Compute the batched local log-probabilities at each site of the trace.

The local computation is memoized, and also stores the local .log_pdf().

copy()[source]

Makes a shallow copy of self with nodes and edges preserved. Identical to super(Trace, self).copy(), but preserves the type and the self.graph_type attribute

log_pdf(site_filter=<function <lambda>>)[source]

Compute the local and overall log-probabilities of the trace.

The local computation is memoized.

node_dict_factory

alias of OrderedDict

nonreparam_stochastic_nodes

Gets a list of names of sample sites whose stochastic functions are not reparameterizable primitive distributions

observation_nodes

Gets a list of names of observe sites

reparameterized_nodes

Gets a list of names of sample sites whose stochastic functions are reparameterizable primitive distributions

stochastic_nodes

Gets a list of names of sample sites

## TracePoutine¶

class TracePoutine(fn, graph_type=None)[source]

Execution trace poutine.

A TracePoutine records the input and output to every pyro primitive and stores them as a site in a Trace(). This should, in theory, be sufficient information for every inference algorithm (along with the implicit computational graph in the Variables?)

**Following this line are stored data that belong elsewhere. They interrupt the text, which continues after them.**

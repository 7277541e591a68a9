-- ===== src/Subscriber.antt =====
-- internal/subscriber: the outputs of a stream. What they hold of a packet is a reference to it.
pub mod Defs
pub mod Gop
pub mod References
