-- ===== src/Tests.antt =====
-- Concrete inputs for the theorems: each witness applies one of them where its hypotheses hold.
mod Requests
mod Accounts
mod Roles
mod Files
mod Streams
mod Ingest
mod Engines
mod Control
mod Cameras
mod CameraService
mod Viewers
mod Nodes
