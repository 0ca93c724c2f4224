-- ===== src/GenericUniCode/Narrowing.antt =====
-- The narrowing without the block, and that the block has room for it.
use mathlib.Core.List.{append_assoc, append-nil}
use nepenthes.Base.{
  ℕ, zero, suc, ◌+◌, ◌/◌, ◌≤◌, ◌<◌, ◌≡◌, ◌∙◌, refl, sym, ap, subst, arith, Bool-cases, inl, inr,
  Bool, true, false, List, [], ◌∷◌, ◌++◌, length, length-append, length-take, length-drop,
  length-replicate, take, drop, replicate, Outcome, done, ◌>>=◌, memcpy, memcpy_lem,
}
use nepenthes.GenericUniCode.{is_wide, unicode_length, low_bytes, decode_loop, unicode_try_decode}

-- The bytes that the loop writes.
unfoldable pub narrow_within : ℕ → List ℕ → List ℕ
narrow_within fuel [] = []
narrow_within zero (c ∷ s) = []
narrow_within (suc fuel) (c ∷ s) =
    let size = unicode_length false (c ∷ s) in
    elim (is_wide (c ∷ s)) [
      | true ↦ low_bytes (take size (c ∷ s)) ++ narrow_within fuel (drop size (c ∷ s))
      | false ↦ c ∷ narrow_within fuel s
    ]

length-low_bytes : (s : List ℕ) → length (low_bytes s) ≡ length s / 2
unfolding low_bytes
length-low_bytes [] = refl
length-low_bytes (c ∷ []) = refl
length-low_bytes (c ∷ d ∷ s) = omega (arith, length-low_bytes s)

unicode_length-bound : (b : Bool) (s : List ℕ) → unicode_length b s ≤ length s
unfolding unicode_length
unicode_length-bound b [] = omega arith
unicode_length-bound true (c ∷ s) = omega (arith, unicode_length-bound false s)
unicode_length-bound false (c ∷ s) = ground (arith, unicode_length-bound true s)

-- What a loop leaves that writes `out` behind `n` bytes of the block.
abbrev pub Writes : Outcome (List ℕ × ℕ) → List ℕ → ℕ → List ℕ → Type 0
Writes m block n out =
    (block' : List ℕ) × (m ≡ done (block', n + length out))
    × (length block' ≡ length block)
    × (take (n + length out) block' ≡ take n block ++ out)

-- A copy, and what is written behind it.
write_then :
    (block : List ℕ) (n : ℕ) (src out : List ℕ) (rest : List ℕ → Outcome (List ℕ × ℕ))
    → n + length src ≤ length block
    → ((block' : List ℕ)
        → length block' ≡ length block
        → Writes (rest block') block' (n + length src) out)
    → Writes (memcpy block n src >>= rest) block n (src ++ out)
write_then block n src out rest fits go =
    let (block', e, same, holds) = memcpy_lem block n src fits in
    let (block'', e', same', holds') = go block' same in
    let k : n + length src + length out ≡ n + length (src ++ out) =
      omega (arith, length-append src out) in
    (
      block'',
      rw (e) (e' ∙ ap (λ m. done (block'', m)) k),
      same' ∙ same,
      ap (λ m. take m block'') (sym k)
          ∙ holds'
          ∙ ap (λ x. x ++ out) holds
          ∙ append_assoc (take n block) src out,
    )

pub wide-long : (c : ℕ) (s : List ℕ) → is_wide (c ∷ s) ≡ true → 10 < unicode_length false (c ∷ s)
unfolding is_wide
wide-long c s e = ground (arith, e)

decode_loop-Writes :
    (fuel : ℕ) (s block : List ℕ) (n : ℕ)
    → length s ≤ fuel
    → n + length s ≤ length block
    → Writes (decode_loop fuel s block n) block n (narrow_within fuel s)
unfolding decode_loop narrow_within
decode_loop-Writes fuel [] block n less room = (
  block,
  ap (λ m. done (block, m)) (omega arith),
  refl,
  ap (λ m. take m block) (omega arith) ∙ sym (append-nil (take n block)),
)
decode_loop-Writes zero (c ∷ s) block n less room = absurd (omega (arith, less))
decode_loop-Writes (suc fuel) (c ∷ s) block n less room =
    let size = unicode_length false (c ∷ s) in
    elim (Bool-cases (is_wide (c ∷ s))) [
      | inl wide ↦
          let src = low_bytes (take size (c ∷ s)) in
          let left = drop size (c ∷ s) in
          let bound = unicode_length-bound false (c ∷ s) in
          let half : length src ≡ size / 2 =
            length-low_bytes (take size (c ∷ s))
            ∙ ap (λ k. k / 2) (omega (arith, length-take size (c ∷ s), bound)) in
          let some : 10 < size = wide-long c s wide in
          rw (wide, decode_loop, narrow_within)
            (write_then block n src (narrow_within fuel left)
              (λ block'. decode_loop fuel left block' (n + size / 2))
              (omega (arith, room, half, bound))
              (λ block' same.
                subst
                  (λ k.
                    Writes (decode_loop fuel left block' (n + k)) block' (n + length src)
                      (narrow_within fuel left))
                  half
                  (decode_loop-Writes fuel left block' (n + length src)
                    (omega (arith, less, some, length-drop size (c ∷ s)))
                    (omega (arith, room, same, half, bound, length-drop size (c ∷ s))))))
      | inr plain ↦
          rw (plain, decode_loop, narrow_within)
            (write_then block n (c ∷ []) (narrow_within fuel s)
              (λ block'. decode_loop fuel s block' (n + 1)) (omega (arith, room))
              (λ block' same.
                decode_loop-Writes fuel s block' (n + 1) (omega (arith, less))
                  (omega (arith, room, same))))
    ]

length-narrow_within : (fuel : ℕ) (s : List ℕ) → length (narrow_within fuel s) ≤ length s
unfolding narrow_within
length-narrow_within fuel [] = omega arith
length-narrow_within zero (c ∷ s) = omega arith
length-narrow_within (suc fuel) (c ∷ s) =
    let size = unicode_length false (c ∷ s) in
    elim (Bool-cases (is_wide (c ∷ s))) [
      | inl wide ↦
          rw (wide, narrow_within)
            (omega (
              arith,
              length-append (low_bytes (take size (c ∷ s)))
                  (narrow_within fuel (drop size (c ∷ s))),
              length-low_bytes (take size (c ∷ s)),
              length-take size (c ∷ s),
              length-drop size (c ∷ s),
              length-narrow_within fuel (drop size (c ∷ s)),
              unicode_length-bound false (c ∷ s),
            ))
      | inr plain ↦ rw (plain, narrow_within) (omega (arith, length-narrow_within fuel s))
    ]

abbrev pub narrow : List ℕ → List ℕ
narrow msg = narrow_within (length msg) msg

-- Whatever the message is, the decoding returns, reads only the message and writes only its block, no
-- more bytes than the message has; those that it counts are the narrowed message.
pub unicode_try_decode-narrow :
    (msg : List ℕ)
    → (block : List ℕ) × (n : ℕ) × (unicode_try_decode msg ≡ done (block, n))
      × (n ≤ length msg)
      × (length block ≡ length msg)
      × (take n block ≡ narrow msg)
unfolding unicode_try_decode
unicode_try_decode-narrow msg =
    let size : length (replicate (length msg) 0x90) ≡ length msg =
      length-replicate (length msg) 0x90 in
    let (block, e, same, holds) : Writes
        (decode_loop (length msg) msg (replicate (length msg) 0x90) 0) (replicate (length msg) 0x90)
        0 (narrow msg) =
      decode_loop-Writes (length msg) msg (replicate (length msg) 0x90) 0 (omega arith)
        (omega (arith, size)) in
    (
      block,
      0 + length (narrow msg),
      e,
      omega (arith, length-narrow_within (length msg) msg),
      same ∙ size,
      holds,
    )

We can also use this for visualization.

get_trace(*args, **kwargs)[source]
Returns: data structure pyro.poutine.Trace

Helper method for a very common use case. Calls this poutine and returns its trace instead of the function’s return value.

get_vectorized_map_data_info(trace)[source]

This determines whether the vectorized map_datas are rao-blackwellizable by TraceGraph_ELBO. This also gathers information to be consumed by downstream by TraceGraph_ELBO.

identify_dense_edges(trace)[source]

Modifies a trace in-place by adding all edges based on the cond_indep_stack information stored at each site.